小学校3年生の時、高熱や嘔吐で死にかけていた。
近所のオバちゃんがひっきりなしにお見舞いに来た。

「病気なんか、気持ちで治る!」という私の親は、
めったに病院には連れて行ってくれなかった。

しかし、あるオバちゃんが
「アンタ、これすぐに救急車呼んだ方がエエで!」
「でも、救急車呼ぶと騒ぎになって恥ずかしい。。。」
「そやけど、このままやと死んでまうで。」

そのオバちゃんの旦那さんが車で近くの病院に連れて行ってくれた。
「急性腹膜炎。
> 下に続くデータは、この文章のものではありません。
-- ===== src/Workflow/Freed.antt =====
-- agent_control/workflow/scheduler.py: the owners of the resources through a round of `run`.
use freaky_monkey.Base.{
  ℕ, suc, ◌+◌, String, Bool, true, false, Option, none, some, List, [], ◌∷◌, ◌≡◌, ◌≢◌, refl, ◌∙◌,
  arith, ◌&&◌, ◌||◌, any, get_elem?, str_eq, eq_iff, inl, inr, Bool-cases, Option-cases,
  if◌then◌else◌,
}
use freaky_monkey.Base.Dict.{lookup-insert}
use freaky_monkey.Workflow.Model.{WorkflowStep}
use freaky_monkey.Workflow.Locks.{
  LockManager, release, try_acquire, owner, owned_by, is_locked, IsConsistent, release_lem,
}
use freaky_monkey.Workflow.Run.{submit, dispatch}
use freaky_monkey.Workflow.Dispatch.{key_is}

-- The owner of a resource after a node has released its own.
abbrev pub released : LockManager → Option String → String → String → Option String
released m key node q = if key_is q key && owned_by (owner m q) node then none else owner m q

pub owner-release :
    (m : LockManager) (key : Option String) (node : String)
    → IsConsistent m
    → (m' : LockManager) × (release m key node ≡ some m')
      × IsConsistent m'
      × ((q : String) → q ≢ "" → owner m' q ≡ released m key node q)
unfolding release
owner-release m none node h = (m, refl, h, λ q named. refl)
owner-release m (some r) node h = elim (Bool-cases (str_eq r "")) [
  | inl empty ↦ (m, ground arith, h, λ q named. ground (arith, eq_iff r "", eq_iff r q, named))
  | inr named ↦
      let (m', e, c, f) =
        release_lem m r node (λ p. absurd (ground (arith, eq_iff r "", p, named))) h in
      (m', e, c, λ q _. ground (arith, f q, eq_iff r q))
]

-- The node holds the resource.
abbrev pub holds : String → String → WorkflowStep → Bool
holds r node s = key_is r s.resource_key && str_eq s.step_id node

submit-owner :
    (max n : ℕ) (locks : LockManager) (s : WorkflowStep) (r node : String)
    → owned_by (owner (submit max locks n s).0 r) node ≡ true
    → (owned_by (owner locks r) node
        || (submit max locks n s).2 && holds r node (submit max locks n s).1)
      ≡ true
unfolding submit try_acquire owner
submit-owner max n locks s r node h = by_key s.resource_key refl
  where
    by_key :
        (o : Option String)
        → s.resource_key ≡ o
        → (owned_by (owner locks r) node
            || (submit max locks n s).2 && holds r node (submit max locks n s).1)
          ≡ true
    by_key none e = ground (arith, e, h)
    by_key (some q) e =
        ground (arith, e, h, eq_iff q "", eq_iff q r, lookup-insert q r s.step_id locks.owners)

-- Who owns a resource after the submission loop owned it before, or is a node that was submitted and holds it.
pub dispatch-owner :
    (max n : ℕ) (locks : LockManager) (ms : List (WorkflowStep × Bool)) (r node : String)
    → owned_by (owner (dispatch max locks n ms).0 r) node ≡ true
    → (owned_by (owner locks r) node
        || any (λ m. m.1 && holds r node m.0) (dispatch max locks n ms).1)
      ≡ true
unfolding dispatch
dispatch-owner max n locks [] r node h = ground arith
dispatch-owner max n locks ((s, false) ∷ ms) r node h = dispatch-owner max n locks ms r node h
dispatch-owner max n locks ((s, true) ∷ ms) r node h = ground (
  arith,
  submit-owner max n locks s r node,
  dispatch-owner max (if (submit max locks n s).2 then n + 1 else n) (submit max locks n s).0 ms r
      node h,
)

-- A node of a list that was submitted and holds the resource.
pub holder_at :
    (sent : List (WorkflowStep × Bool)) (r node : String)
    → any (λ m. m.1 && holds r node m.0) sent ≡ true
    → (k : ℕ) × (u : WorkflowStep) × (get_elem? sent k ≡ some (u, true)) × (holds r node u ≡ true)
holder_at [] r node h = cc
holder_at ((s, taken) ∷ sent) r node h = elim (Bool-cases (taken && holds r node s)) [
  | inl here ↦ (0, s, ground arith, ground arith)
  | inr there ↦ let (k, u, e, held) = holder_at sent r node (ground arith) in (suc k, u, e, held)
]

-- A resource whose owner is gone is free.
pub unowned_free :
    (m : LockManager) (r : String)
    → IsConsistent m
    → ((node : String) → owned_by (owner m r) node ≡ false)
    → is_locked m r ≡ false
unfolding owner
unowned_free m r h gone = elim (Option-cases (owner m r)) [
  | inl nobody ↦ h r ∙ (ground (arith, nobody))
  | inr (o, e) ↦ absurd (ground (arith, e, gone o, eq_iff o o))
]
即手術の必要あり」とのことで、
さらに、大きな総合病院に救急車で緊急搬送。

「あと、1時間遅れてたら死んでいた」とは執刀医の話だった。

わたしは、あのオバちゃんと旦那さんに命を救われた。

1つの「コミュニティ」(Community)がそこにはあった。

ドイツ社会学的にいうところの「ゲマインシャフト」(Gemeinschaft)だった。
地縁や血縁、友情で深く結びついた伝統的社会形態。

しかし文明が進歩し、経済的に豊かになるにつれて、
社会は利益を追求し、
こういった人間関係が疎遠な社会になっていった。
(「ゲゼルシャフト」(Gesellschaft))

成人し、就職し、東京に移居した際、
マンションの隣人もそこに住む誰も知らない世界になっていた。

みな自分のことで精一杯なのか、
自己利益を追求することしか考えなくなったのか、
それはどうだかわからないが、
同じ屋根の下に住む人に対して「無関心」だった。

そこのマンションでは多くの人が雨戸を閉めたままだった。

「個人情報保護」は「プライバシーを守る」概念ではあるが、
もともと「プライバシー権」は、
個人の財産や生命を守ることに端を発した権利である。

しかし、それが拡大解釈され、
人々がプライバシーに関して過敏・過剰になり、
「あらゆるプライバシーを人に知られるのは恥・損・悪」という風潮になっている。

少子化、核家族化、母子家庭、孤独死。

誰もアナタのこと知らなければ、
誰もアナタのことを助けようがないではないか?

この出来事に、
個人情報保護への過剰反応、
利益追求社会の結果的縮図を見た。